Régime juridique et contrôle des chartes éthiques

Régime juridique et contrôle des chartes éthiques
Face au vide juridique des nouvelles chartes éthiques dans l'entreprise, la DGT définit l’étendue du contrôle de l’inspection du travail.



Les chartes d’éthique (codes de conduites) et dispositifs d’alerte professionnelle, récents outils de la gouvernance d’entreprise, posent la question de leur régime juridique et des modalités du contrôle administratif de leurs clauses relatives à la discipline », affirme Jean-Denis Combrexelle, directeur général du travail, dans une circulaire du 19 novembre 2008. Après avoir défini les différentes notions (règlement intérieur, notes de services, chartes et codes éthiques) ainsi que leur champ, la DGT précise les modalités du contrôle des inspecteurs et contrôleurs du travail sur ces « documents éthiques ». Elle détaille aussi les modalités de mise en œuvre des alertes professionnelles.

 

Régime des chartes éthiques et des codes de bonne conduite

La DGT précise la nature juridique des chartes éthiques et des codes de conduites en fonction de leur contenu et les obligations qui en découlent pour l’employeur.


• Lorsque le document éthique comporte des dispositions qui relèvent toutes du champ du règlement intérieur, les règles relatives au règlement intérieur s’appliquent à ce document qui constitue alors une note de service.

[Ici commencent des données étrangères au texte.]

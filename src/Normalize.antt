-- ===== src/Normalize.antt =====
-- internal/normalize: structure from the raw titles and locations of postings.
pub mod Title
pub mod Location
mod Examples
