-- ===== src/Normalize/Title/Spaces.antt =====
-- Words and spaces: `fields` and `join`, and the texts that normalization leaves as they are.
use mathlib.Core.List.{append_assoc, append-nil}
use devsignal.Prelude.{
  ℕ, ◌≡◌, refl, sym, ap, ◌∙◌, false, false≢true, List, [], ◌∷◌, ◌++◌, map, inl, inr, Bool-cases,
  bytes, All,
}
use devsignal.Prelude.Text.{Text, join, fields, fields_from, is_space, push_word, is_empty}

abbrev pub IsSolid : Text → Type 0
IsSolid w = All (λ c. is_space c ≡ false) w

abbrev pub IsWord : Text → Type 0
IsWord w = (is_empty w ≡ false) × IsSolid w

pub map_fixed : (f : ℕ → ℕ) (s : Text) → All (λ c. f c ≡ c) s → map f s ≡ s
map_fixed f [] h = refl
map_fixed f (c ∷ s) h = rw (h.0, map_fixed f s h.1) refl

pub All-append {κ} : (P : ℕ → Type κ) (s t : Text) → All P s → All P t → All P (s ++ t)
All-append P [] t h k = k
All-append P (c ∷ s) t h k = (h.0, All-append P s t h.1 k)

All-join {κ} :
    (P : ℕ → Type κ) (ws : List Text) → P 32 → All (All P) ws → All P (join (bytes " ") ws)
unfolding join
All-join P [] p h = tt
All-join P (w ∷ []) p h = h.0
All-join P (w ∷ v ∷ vs) p h =
    All-append P w (32 ∷ join (bytes " ") (v ∷ vs)) h.0 (p, All-join P (v ∷ vs) p h.1)

All-push_word {κ} :
    (Q : Text → Type κ) (cur : Text) (ws : List Text)
    → (is_empty cur ≡ false → Q cur)
    → All Q ws
    → All Q (push_word cur ws)
All-push_word Q [] ws q h = h
All-push_word Q (c ∷ s) ws q h = (q refl, h)

-- What holds of every character holds of those of the words.
All-fields_from {κ} :
    (P : ℕ → Type κ) (cur s : Text) → All P cur → All P s → All (All P) (fields_from cur s)
unfolding fields_from
All-fields_from P cur [] h k = All-push_word (All P) cur [] (λ _. h) tt
All-fields_from P cur (c ∷ s) h k = elim (Bool-cases (is_space c)) [
  | inl e ↦
      rw e (All-push_word (All P) cur (fields_from [] s) (λ _. h) (All-fields_from P [] s tt k.1))
  | inr e ↦ rw e (All-fields_from P (cur ++ c ∷ []) s (All-append P cur (c ∷ []) h (k.0, tt)) k.1)
]

fields_from-IsWord : (cur s : Text) → IsSolid cur → All IsWord (fields_from cur s)
unfolding fields_from
fields_from-IsWord cur [] h = All-push_word IsWord cur [] (λ e. (e, h)) tt
fields_from-IsWord cur (c ∷ s) h = elim (Bool-cases (is_space c)) [
  | inl e ↦
      rw e (All-push_word IsWord cur (fields_from [] s) (λ n. (n, h)) (fields_from-IsWord [] s tt))
  | inr e ↦ rw e (
      fields_from-IsWord (cur ++ c ∷ []) s
        (All-append (λ d. is_space d ≡ false) cur (c ∷ []) h (e, tt)))
]

-- A solid stretch goes to the current word.
fields_from-append :
    (cur w s : Text) → IsSolid w → fields_from cur (w ++ s) ≡ fields_from (cur ++ w) s
unfolding fields_from
fields_from-append cur [] s h = rw (append-nil cur) refl
fields_from-append cur (c ∷ w) s h =
    rw h.0 (fields_from-append (cur ++ c ∷ []) w s h.1 ∙ rw (append_assoc cur (c ∷ []) w) refl)

fields-join : (ws : List Text) → All IsWord ws → fields (join (bytes " ") ws) ≡ ws
unfolding fields join fields_from is_space
fields-join [] h = refl
fields-join ([] ∷ ws) h = absurd (false≢true (sym h.0.0))
fields-join ((c ∷ w) ∷ []) h =
    ap (fields_from []) (sym (append-nil (c ∷ w))) ∙ fields_from-append [] (c ∷ w) [] h.0.1
fields-join ((c ∷ w) ∷ v ∷ vs) h =
    fields_from-append [] (c ∷ w) (32 ∷ join (bytes " ") (v ∷ vs)) h.0.1
    ∙ ap (λ t. (c ∷ w) ∷ t) (fields-join (v ∷ vs) h.1)

-- One space between the words, and none at the ends.
unfoldable pub spaced : Text → Text
spaced s = join (bytes " ") (fields s)

pub spaced-spaced : (s : Text) → spaced (spaced s) ≡ spaced s
unfolding spaced fields
spaced-spaced s = ap (join (bytes " ")) (fields-join (fields s) (fields_from-IsWord [] s tt))

pub All-spaced {κ} : (P : ℕ → Type κ) (s : Text) → P 32 → All P s → All P (spaced s)
unfolding spaced fields
All-spaced P s p h = All-join P (fields s) p (All-fields_from P [] s tt h)

pub All-map_to {κ} : (P : ℕ → Type κ) (f : ℕ → ℕ) (s : Text) → ((c : ℕ) → P (f c)) → All P (map f s)
All-map_to P f [] h = tt
All-map_to P f (c ∷ s) h = (h c, All-map_to P f s h)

Avant son introduction dans l’entreprise, l’employeur doit donc le soumettre pour avis au CE ou, à défaut, aux DP, ainsi que pour les matières relevant de sa compétence, au CHSCT.


• Le document éthique peut également être constitué de dispositions toutes étrangères au champ du règlement intérieur. Dans ce cas, le document est essentiellement conçu comme un outil de communication vers l’extérieur. Entrent également dans cette catégorie les chartes et codes par lesquels l’entreprise prend des engagements dépassant ses obligations légales et réglementaires (par exemple, actions en faveur de l’environnement ou actions de formation en faveur des salariés) ; ces engagements unilatéraux sont valables, et les salariés de l’entreprise peuvent en revendiquer l’application à leur profit. La DGT précise que si ces chartes et codes éthiques sont soumis au droit du travail français dans son ensemble, l’information et la consultation du CE prévue pour les questions intéressant l’organisation, la gestion et la marche générale de l’entreprise est requise, mais uniquement lorsque la charte est présentée comme un instrument de gestion de l’entreprise.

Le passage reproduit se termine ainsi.